Global American Higher Education
Principal Investigator:
Kyle A. Long, CPD Research Fellow 2022-24
International education is a hallmark of American public diplomacy. Every year, the United States hosts more than a million international students. The American college experience is a golden opportunity to win hearts and minds around the world. Yet, international students do not need to travel to the United States to study in an American university. There are approximately 80 independent American universities in more than 55 different countries and roughly an equivalent amount of international branch campuses of American universities. Taken together, these outposts of American higher education afford the United States an unparalleled opportunity to reach audiences that might not have the resources to study abroad. As such, they are significant resources for the development and promotion of American soft power. Yet, we do not have a central source of information on these institutions. This project is the first-ever attempt to identify, analyze, and visualize — via a publicly accessible interactive dashboard map — what I call “Global American Higher Education.”

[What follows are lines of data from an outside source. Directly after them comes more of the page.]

-- ===== src/Descriptors/Typedesc.antt =====
-- edgedb-protocol/src/descriptors.rs: `OutputTypedesc` and `InputTypedesc`, and the methods of
-- server_message.rs that read an `InputTypedesc`.
use edgedb_rust.Base.{
  ℕ, zero, suc, ◌^◌, Bool, true, false, leb, ltb, ◌&&◌, List, [], ◌∷◌, ◌++◌, Option, none, some,
  Result, ok, err, panic, length, get_elem?, if◌then◌else◌,
}
use edgedb_rust.Base.HashMap.{◌==◌, nat_eq, list_eq}
use edgedb_rust.Wire.{DecodeError, uuid_not_found, too_many_descriptors, Crates}
use edgedb_rust.Protocol.{ProtocolVersion}
use edgedb_rust.Descriptors.{TypePos, Descriptor, descriptor_id, tuple, type_annotation}
use edgedb_rust.Descriptors.Decode.{decode_descriptor}

pub record OutputTypedesc : Type 0 where
  pub proto : ProtocolVersion
  pub descriptors : List Descriptor
  pub root_id : List ℕ
  pub root_pos : Option TypePos

pub record InputTypedesc : Type 0 where
  pub proto : ProtocolVersion
  pub descriptors : List Descriptor
  pub root_id : List ℕ
  pub root_pos : Option TypePos

-- `Uuid::from_u128(n)` of a number of one byte.
abbrev pub uuid_of_byte : ℕ → List ℕ
uuid_of_byte n = 0 ∷ 0 ∷ 0 ∷ 0 ∷ 0 ∷ 0 ∷ 0 ∷ 0 ∷ 0 ∷ 0 ∷ 0 ∷ 0 ∷ 0 ∷ 0 ∷ 0 ∷ n ∷ []

-- The `match` in the loop: an annotation is dropped, any other descriptor is pushed.
unfoldable pub push_descriptor : List Descriptor → Descriptor → List Descriptor
push_descriptor ds (type_annotation a) = ds
push_descriptor ds item = ds ++ (item ∷ [])

-- `iter().position(|x| *x.id() == id)`
unfoldable pub position : List ℕ → List Descriptor → Option ℕ
position id [] = none
position id (d ∷ ds) =
    let rest = position id ds in
    if descriptor_id d == id then some 0 else elim rest [ none ↦ none | some i ↦ some (suc i) ]

-- The position of the root, which the identifier zero does not have.
unfoldable pub root_position : List ℕ → List Descriptor → Result DecodeError (Option TypePos)
root_position root_id ds =
    if root_id == uuid_of_byte 0 then ok none else elim (position root_id ds) [
      | none ↦ err (uuid_not_found root_id)
      | some idx ↦ if ltb idx (2 ^ 16) then ok (some idx) else err (too_many_descriptors idx)
    ]

module _ ⦃C : Crates⦄ where
  -- `while buf.remaining() > 0`, for at most `fuel` rounds; `none` says that they were too few.
  unfoldable pub decode_descriptors :
      (fuel : ℕ)
      → ProtocolVersion
      → List Descriptor
      → List ℕ
      → Option (Result DecodeError (List Descriptor))
  unfolding push_descriptor
  decode_descriptors zero proto ds bs = none
  decode_descriptors (suc fuel) proto ds bs = elim (leb 1 (length bs)) [
    | false ↦ some (ok ds)
    | true ↦ elim (decode_descriptor proto bs) [
      | ok (d, rest) ↦ decode_descriptors fuel proto (push_descriptor ds d) rest
      | err e ↦ some (err e)
      | panic ↦ some panic
    ]
  ]

  -- What `OutputTypedesc::decode_with_id` and `input` share: the descriptors and the root's
  -- position. One round more than there are bytes is enough.
  unfoldable pub decode_with_root :
      {A : Type 0}
      → (List Descriptor → Option TypePos → A)
      → List ℕ
      → ProtocolVersion
      → List ℕ
      → Option (Result DecodeError A)
  unfolding decode_descriptors
  decode_with_root build root_id proto bs =
      elim (decode_descriptors (suc (length bs)) proto [] bs) [
        | none ↦ none
        | some (err e) ↦ some (err e)
        | some panic ↦ some panic
        | some (ok ds) ↦ elim (root_position root_id ds) [
          | ok root_pos ↦ some (ok (build ds root_pos))
          | err e ↦ some (err e)
          | panic ↦ some panic
        ]
      ]

  -- `OutputTypedesc::decode_with_id`
  unfoldable pub decode_with_id :
      List ℕ → ProtocolVersion → List ℕ → Option (Result DecodeError OutputTypedesc)
  decode_with_id root_id proto bs =
      decode_with_root
        (λ ds pos. record { proto = proto; descriptors = ds; root_id = root_id; root_pos = pos })
        root_id proto bs

  -- `CommandDataDescription0::input`, and the same of `CommandDataDescription1`, over their fields.
  unfoldable pub decode_input :
      List ℕ → ProtocolVersion → List ℕ → Option (Result DecodeError InputTypedesc)
  decode_input root_id proto bs =
      decode_with_root
        (λ ds pos. record { proto = proto; descriptors = ds; root_id = root_id; root_pos = pos })
        root_id proto bs

-- `InputTypedesc::root`
unfoldable pub root : InputTypedesc → Option Descriptor
root t = elim t.root_pos [ none ↦ none | some pos ↦ get_elem? t.descriptors pos ]

unfoldable pub is_nil : {A : Type 0} → List A → Bool
is_nil [] = true
is_nil (x ∷ xs) = false

-- `InputTypedesc::is_empty_tuple`
unfoldable pub is_empty_tuple : InputTypedesc → Bool
is_empty_tuple t = elim (root t) [
  | some (tuple d) ↦ d.id == uuid_of_byte 0xFF && is_nil d.element_types
  | _ ↦ false
]
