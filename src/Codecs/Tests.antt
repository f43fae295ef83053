-- ===== src/Codecs/Tests.antt =====
-- Runs of the codecs over the plain implementation of the crates, and the theorems at concrete
-- inputs.
use edgedb_rust.Base.{
  ℕ, ◌≡◌, refl, ◌^◌, ◌<◌, false, List, [], ◌∷◌, ◌++◌, none, some, ok, panic, length, arith,
}
use edgedb_rust.Base.HashMap.{list_beq}
use edgedb_rust.Wire.{to_be_bytes, from_be_bytes}
use edgedb_rust.Wire.Decoder
use edgedb_rust.Wire.Encoder.{◌>>◌, put_checked, done}
use edgedb_rust.Codecs.Raw.{from_bits}
use edgedb_rust.Wire.Reference.{crates}
use edgedb_rust.Time.Int.{pos}
use edgedb_rust.Descriptors.{Descriptor, base_scalar, tuple, array, scalar, range}
use edgedb_rust.Descriptors.Typedesc.{uuid_of_byte}
use edgedb_rust.Codecs
use edgedb_rust.Codecs.{Value, Codec, nil, cons, present, missing, int16}
use edgedb_rust.Codecs.Scalars.{scalar_codec, uuid_of, find_scalar, scalars, int16_codec}
use edgedb_rust.Codecs.Build.{build, build_codec}
use edgedb_rust.Codecs.Collections.{tuple_codec, array_codec, range_codec}
use edgedb_rust.Codecs.Objects.{decode_sparse}
use edgedb_rust.Codecs.Termination.{build-eq_none}
use edgedb_rust.Codecs.Safety.{IsTotal}
use edgedb_rust.Codecs.BuiltTotal.{build-IsTotal}
use edgedb_rust.Codecs.BuiltRoundTrip.{build_codec-decode}
use edgedb_rust.Codecs.Faults.{decode_sparse-short}
use edgedb_rust.Codecs.Typing.{HasRootType}
use edgedb_rust.Codecs.Soundness.{build_codec-HasRootType}
use edgedb_rust.Codecs.Encodes.{Encodes}

-- `std::int16`, an array of it, a range of it, and a tuple of the array and the range.
abbrev types : List Descriptor
types =
    base_scalar (record { id = uuid_of 0x103 })
    ∷ array (record { id = uuid_of_byte 6; type_pos = 0; dimensions = none ∷ [] })
    ∷ range (record { id = uuid_of_byte 7; type_pos = 0 })
    ∷ tuple (record { id = uuid_of_byte 8; element_types = 1 ∷ 2 ∷ [] })
    ∷ []

-- The codec of the tuple.
abbrev pair_codec : Codec
pair_codec = tuple_codec ⦃C = crates⦄ (
    array_codec ⦃C = crates⦄ (int16_codec ⦃C = crates⦄)
    ∷ range_codec ⦃C = crates⦄ (int16_codec ⦃C = crates⦄)
    ∷ [])

pair_built : build_codec ⦃C = crates⦄ 4 (some 3) types ≡ some (ok pair_codec)
unfolding build_codec build scalar_codec scalars find_scalar list_beq
pair_built = refl

-- ([1, 2], [.., 5))
abbrev pair : Value
pair = Codecs.tuple (
    cons (Codecs.array (cons (int16 (pos 1)) (cons (int16 (pos 2)) nil)))
      (cons (Codecs.range missing (present (int16 (pos 5))) false false false) nil))

abbrev array_bytes : List ℕ
array_bytes =
    to_be_bytes 4 1
    ++ to_be_bytes 4 0
    ++ to_be_bytes 4 0
    ++ to_be_bytes 4 2
    ++ to_be_bytes 4 1
    ++ to_be_bytes 4 2
    ++ to_be_bytes 2 1
    ++ to_be_bytes 4 2
    ++ to_be_bytes 2 2

abbrev pair_bytes : List ℕ
pair_bytes =
    to_be_bytes 4 2
    ++ to_be_bytes 4 0
    ++ to_be_bytes 4 32
    ++ array_bytes
    ++ to_be_bytes 4 0
    ++ to_be_bytes 4 7
    ++ (8 ∷ to_be_bytes 4 2 ++ to_be_bytes 2 5)

pair_written : pair_codec.encode pair [] ≡ ok pair_bytes
unfolding tuple_codec array_codec range_codec int16_codec to_be_bytes ◌>>◌ put_checked done
pair_written = refl

pair_read : pair_codec.decode pair_bytes ≡ ok pair
unfolding tuple_codec array_codec range_codec int16_codec to_be_bytes Decoder.◌>>◌
    Decoder.ensure_remaining Decoder.◌>>=◌ Decoder.take_or_panic from_be_bytes Decoder.pure
    from_bits
pair_read = refl

build_codec-HasRootType_example : HasRootType types (some 3) pair
build_codec-HasRootType_example =
    build_codec-HasRootType ⦃C = crates⦄ types 4 (some 3) pair_codec pair_bytes pair pair_built
      pair_read

build_codec-decode_example :
    (bs : List ℕ) × (pair_bytes ≡ [] ++ bs) × (length bs < 2 ^ 31 → pair_codec.decode bs ≡ ok pair)
build_codec-decode_example =
    build_codec-decode ⦃C = crates⦄ 4 (some 3) types pair_codec pair [] pair_bytes
      (tt, (tt, (tt, (tt, tt)))) pair_built
      (((omega arith, (omega arith, tt)), ((tt, omega arith, tt), tt))) pair_written

build-IsTotal_example : IsTotal pair_codec
unfolding build build_codec
build-IsTotal_example =
    build-IsTotal ⦃C = crates⦄ 4 types 3 pair_codec (tt, (tt, (tt, (tt, tt)))) pair_built

build-eq_none_example :
    build ⦃C = crates⦄ 1000 (scalar (record { id = uuid_of_byte 1; base_type_pos = 0 }) ∷ []) 0
    ≡ none
build-eq_none_example = build-eq_none ⦃C = crates⦄ 1000 (uuid_of_byte 1)

-- One field, of four bytes, behind which there is one.
decode_sparse-short_example :
    decode_sparse ⦃C = crates⦄ []
      (pair_codec ∷ [])
      (to_be_bytes 4 1 ++ (to_be_bytes 4 0 ++ (to_be_bytes 4 4 ++ (7 ∷ []))))
    ≡ panic
decode_sparse-short_example =
    decode_sparse-short ⦃C = crates⦄ [] (pair_codec ∷ []) 0 0 4 (7 ∷ []) (omega arith) (omega arith)
      (omega arith) (omega arith) (omega arith)
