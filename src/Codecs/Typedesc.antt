-- ===== src/Codecs/Typedesc.antt =====
-- edgedb-protocol/src/descriptors.rs: the methods of `OutputTypedesc` and `InputTypedesc` that turn
-- to codec.rs. A position fits two bytes, so that as many rounds as there are positions are enough.
pub mod Built
mod Tests
use edgedb_rust.Base.{ℕ, ◌^◌, Option, none, some, Result, ok, err, get_elem?}
use edgedb_rust.Wire.{Crates}
use edgedb_rust.Descriptors.{Descriptor, TypePos}
use edgedb_rust.Descriptors.Typedesc.{OutputTypedesc, InputTypedesc}
use edgedb_rust.Codecs.{Codec}
use edgedb_rust.Codecs.Scalars.{CodecError, unexpected_type_pos}
use edgedb_rust.Codecs.Build.{Build, build_codec}

-- `OutputTypedesc::build_codec`
unfoldable pub build_output_codec : ⦃C : Crates⦄ → OutputTypedesc → Build Codec
build_output_codec d = build_codec (2 ^ 16) d.root_pos d.descriptors

-- `InputTypedesc::build_codec`
unfoldable pub build_input_codec : ⦃C : Crates⦄ → InputTypedesc → Build Codec
build_input_codec d = build_codec (2 ^ 16) d.root_pos d.descriptors

-- `InputTypedesc::get`
unfoldable pub get : InputTypedesc → TypePos → Result CodecError Descriptor
get d type_pos = elim (get_elem? d.descriptors type_pos) [
  | none ↦ err (unexpected_type_pos type_pos)
  | some x ↦ ok x
]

The foundation of this effort is the development of an institutional database. This process involves scanning publicly available information, primarily from institutional websites and secondary literature, to identify relevant institutions from 1860 to the present and collect a variety of details about them (e.g., name, location, dates of founding/closing, enrollment, affiliations, accreditation status, etc.). I will then publish the database in a dashboard and analyze the results by describing trends and situating the findings in the literature on public diplomacy. This project will help us to understand where and when there have been American higher education institutions outside the fifty states, what salient features and trends are associated with these institutions, and what impact they have on public diplomacy. Professors of education and international affairs can use the database as a teaching tool. Policy analysts and practitioners of public diplomacy can use it to inform policy to strengthen these institutions and American soft power.